08.10.2019, 21.08 Uhr
Klaus0212 | Warum in die Ferne schweifen?
Ich kann die Sorge um die fehlende Pflege des Knopfmacherhölzchen gut nachvollziehen.
Aber es gibt meines Erachtens brennendere Probleme, um die sich unsere abgehobenen Mandatsträger in unserer Stadt kümmern müssten.
Wie lange soll die Brandruine am Tischplatt zur Schande noch erhalten werden?
Oder soll diese zum Flair des vergessenen Wohngebietes beitragen.
Die Fußwege sind noch maroder als die Fassaden der nicht sanierten Gebäude.
Bei einem Spaziergang am Flutgraben konnte ich, auf einer Strecke von ca. 200m, 34 Hundekothaufen feststellen.
Die Stadt sollte jeden Hundehalter verpflichten, seinen Hund auf eigene Kosten genetisch zu katalogisieren und bei Probenentnahmen von Kothaufen Strafen zu verhängen, die den Halter wirklich belasten.

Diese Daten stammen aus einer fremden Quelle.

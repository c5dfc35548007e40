-- ===== src/SlaveHealth.antt =====
-- internal/slavehealth/slavehealth.go: the health targets that every node of a cluster probes, whose
-- reserved names stand in internal/config/config.go.
pub mod Snapshot
pub mod Views
pub mod Examples
use smokeping_go.Common.{Bool, Str, bytes, str_beq}

abbrev pub health_group : Str
health_group = bytes "_cluster"

abbrev pub probe_name : Str
probe_name = bytes "_slave_health"

unfoldable pub is_health_group : Str → Bool
is_health_group group = str_beq group health_group
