-- ===== src/Alert/Queue.antt =====
-- internal/alert/evaluator.go: the events, what they retain, the hash that gives a (target, alert) its
-- shard, and enqueueDispatch. A shard's channel is a list, oldest first. The worker's receive and its
-- release of the bytes are the steps `receive` and `finish`.
use Prim.Native.Nat.{bit_xor}
use smokeping_go.Common.{
  ℕ, ◌+◌, ◌-◌, ◌*◌, ◌/◌, ◌%◌, Bool, true, false, not, ◌&&◌, ◌||◌, Option, none, some, List, [], ◌∷◌,
  ◌++◌, ltb, leb, nat_beq, if◌then◌else◌, Str, str_eq, length, get_or, set, replicate,
}
use smokeping_go.Common.Map
use smokeping_go.Limits.{max_cycles_per_batch, u64_mod}
use smokeping_go.Cycle.{TargetRef, Cycle, Hop, HttpSample, id, no_items}
use smokeping_go.SlaveHealth.{is_health_group}
use smokeping_go.Alert.State.{State}

-- config.Quorum
pub record Quorum : Type 0 where
  pub majority : Bool
  pub least : ℕ

unfoldable pub enabled : Quorum → Bool
enabled q = q.majority || ltb 0 q.least

unfoldable pub threshold : Quorum → ℕ → ℕ
threshold q live = if q.majority then live / 2 + 1 else q.least

-- config.Alert; its condition is what ParseCondition makes of the text, `none` where it refuses it.
pub record AlertConfig : Type 0 where
  pub condition : Option (Cycle → Bool)
  pub sustained : ℕ
  pub actions : List Str
  pub quorum : Quorum

pub record Action : Type 0 where
  pub type : Str
  pub url : Str
  pub command : Str
  pub template : Str

pub record NamedAction : Type 0 where
  pub name : Str
  pub action : Option Action

pub record Event : Type 0 where
  pub time : ℕ
  pub target : TargetRef
  pub alert_name : Str
  pub alert : AlertConfig
  pub prev : State
  pub next : State
  pub cycle : Cycle
  pub firing_count : ℕ
  pub live_count : ℕ
  pub firing_sources : List Str

pub record QueuedEvent : Type 0 where
  pub event : Event
  pub bytes : ℕ
  pub shard : ℕ
  pub actions : List NamedAction

abbrev pub dispatch_shards : ℕ
dispatch_shards = 8

abbrev pub dispatch_shard_depth : ℕ
dispatch_shard_depth = max_cycles_per_batch / dispatch_shards

abbrev pub dispatch_shard_bytes : ℕ
dispatch_shard_bytes = 67108864 / dispatch_shards

-- A delivery worker: its channel, the event that it is delivering, and the counter of the bytes that
-- both hold.
pub record Shard : Type 0 where
  pub pending : List QueuedEvent
  pub delivering : Option QueuedEvent
  pub queued_bytes : ℕ

abbrev pub empty_shard : Shard
empty_shard = record { pending = []; delivering = none; queued_bytes = 0 }

pub record Queues : Type 0 where
  pub shards : List Shard
  pub closed : Bool
  pub refusals : ℕ  -- uint64

abbrev pub new_queues : Queues
new_queues = record { shards = replicate dispatch_shards empty_shard; closed = false; refusals = 0 }

abbrev pub fnv_offset : ℕ
fnv_offset = 14695981039346656037

abbrev pub fnv_prime : ℕ
fnv_prime = 1099511628211

unfoldable pub fnv : ℕ → Str → ℕ
fnv h [] = h
fnv h (c ∷ s) = fnv (bit_xor h c * fnv_prime % u64_mod) s

unfoldable pub shard_for : Str → Str → ℕ
unfolding fnv
shard_for target alert = fnv (fnv fnv_offset target * fnv_prime % u64_mod) alert % dispatch_shards

unfoldable pub hops_bytes : List Hop → ℕ
hops_bytes [] = 0
hops_bytes (h ∷ hs) = length h.rtts.items * 8 + length h.ip + length h.unreach + hops_bytes hs

unfoldable pub samples_bytes : List HttpSample → ℕ
samples_bytes [] = 0
samples_bytes (s ∷ ss) = length s.err + samples_bytes ss

unfoldable pub names_bytes : List Str → ℕ
names_bytes [] = 0
names_bytes (s ∷ ss) = length s + names_bytes ss

-- probe.Hop is 88 bytes, probe.HTTPSample 56 and a string 16.
unfoldable pub event_bytes : Event → ℕ
unfolding hops_bytes samples_bytes names_bytes
event_bytes ev =
    length ev.cycle.rtts.items * 8
    + length ev.cycle.hops.items * 88
    + hops_bytes ev.cycle.hops.items
    + length ev.cycle.http_samples.items * 56
    + samples_bytes ev.cycle.http_samples.items
    + length ev.firing_sources * 16
    + names_bytes ev.firing_sources

abbrev pub action_strings : Option Action → ℕ
action_strings none = 0
action_strings (some a) = length a.type + length a.url + length a.command + length a.template

-- NamedAction is 88 bytes.
unfoldable pub actions_bytes : List NamedAction → ℕ
actions_bytes [] = 0
actions_bytes (a ∷ as') = 88 + length a.name + action_strings a.action + actions_bytes as'

unfoldable pub resolve_actions : List (Str × Action) → List Str → List NamedAction
resolve_actions actions [] = []
resolve_actions actions (n ∷ ns) =
    record { name = n; action = Map.lookup n actions } ∷ resolve_actions actions ns

unfoldable pub scrub_health_addresses : Event → Event
scrub_health_addresses ev =
    if is_health_group ev.target.group
    then (let target = record (ev.target) {
      target = record (ev.target.target) { host = []; url = []; family = [] };
    } in
        record ev {
          target = target;
          cycle = record (ev.cycle) { target = target; hops = no_items; http_samples = no_items };
        })
    else ev

pub data Reason : Type 0 where
  is_closed over_bytes over_depth : Reason

-- `accepted` also stands for an event that the dispatcher does not want.
pub data Outcome : Type 0 where
  accepted : Outcome
  refused : Reason → Outcome

unfoldable pub refuse : Queues → Reason → Queues × Outcome
refuse q reason = (record q { refusals = (q.refusals + 1) % u64_mod }, refused reason)

-- DispatchFilter: `none` where the dispatcher does not implement it.
abbrev pub wanted : Option (Event → Bool) → Event → Bool
wanted none ev = true
wanted (some f) ev = f ev

-- One shard's answer: its bytes, then its depth. An event that would be all of the bytes passes.
unfoldable pub offer_shard : Shard → QueuedEvent → Shard × Outcome
offer_shard s ev =
    let held = s.queued_bytes + ev.bytes in
    if ltb dispatch_shard_bytes held && not (nat_beq held ev.bytes)
    then (s, refused over_bytes)
    else if leb dispatch_shard_depth (length s.pending)
    then (s, refused over_depth)
    else (record s { pending = s.pending ++ ev ∷ []; queued_bytes = held }, accepted)

-- The `select` on the shard's answer.
unfoldable pub answer : Queues → ℕ → Shard × Outcome → Queues × Outcome
unfolding refuse
answer q i (s, accepted) = (record q { shards = set q.shards i s }, accepted)
answer q i (s, refused reason) = refuse q reason

unfoldable pub offer : Queues → QueuedEvent → Queues × Outcome
unfolding answer offer_shard
offer q ev = answer q ev.shard (offer_shard (get_or q.shards ev.shard empty_shard) ev)

-- The event as it is queued.
unfoldable pub queued : List (Str × Action) → Event → QueuedEvent
queued actions ev =
    let snapshot = resolve_actions actions ev.alert.actions in
    record {
      event = ev;
      bytes = event_bytes ev + actions_bytes snapshot;
      shard = shard_for (id ev.target) ev.alert_name;
      actions = snapshot;
    }

unfoldable pub enqueue_dispatch :
    List (Str × Action) → Option (Event → Bool) → Queues → Event → Queues × Outcome
unfolding refuse
enqueue_dispatch actions filter q ev =
    let scrubbed = scrub_health_addresses ev in
    if q.closed
    then refuse q is_closed
    else if not (wanted filter scrubbed)
    then (q, accepted)
    else offer q (queued actions scrubbed)

-- The receive of deliverLoop: an idle worker takes the oldest event of its channel.
unfoldable pub receive : Shard → Shard
receive s = elim s.delivering [
  | some busy ↦ s
  | none ↦ elim s.pending [ [] ↦ s | ev ∷ rest ↦ record s { pending = rest; delivering = some ev } ]
]

-- The deferred release of deliver, once the dispatcher has returned or panicked.
unfoldable pub finish : Shard → Shard
finish s = elim s.delivering [
  | none ↦ s
  | some ev ↦ record s { delivering = none; queued_bytes = s.queued_bytes - ev.bytes }
]

-- The last loop of deliverLoop, after the worker was told to quit.
unfoldable pub release_pending : List QueuedEvent → ℕ → ℕ
release_pending [] bytes = bytes
release_pending (ev ∷ rest) bytes = release_pending rest (bytes - ev.bytes)

unfoldable pub abandon : Shard → Shard
unfolding release_pending
abandon s = record s { pending = []; queued_bytes = release_pending s.pending s.queued_bytes }

unfoldable pub close : Queues → Queues
close q = record q { closed = true }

Ich habe hier noch keinen Mitarbeiter des Ordnungsamtes feststellen können.
Es scheint leichter für die Stadt zu sein, Millionen Euro in fragwürdigen Investitionen zu verbrennen, als zunächst die gravierenden Schäden zu beheben.
Wer aber im dem Ostteil der Stadt sein schickes Häuschen hat, verliert schnell das Interesse an klein Damaskus im Westen der Stadt.
Bitte mal darüber nachdenken.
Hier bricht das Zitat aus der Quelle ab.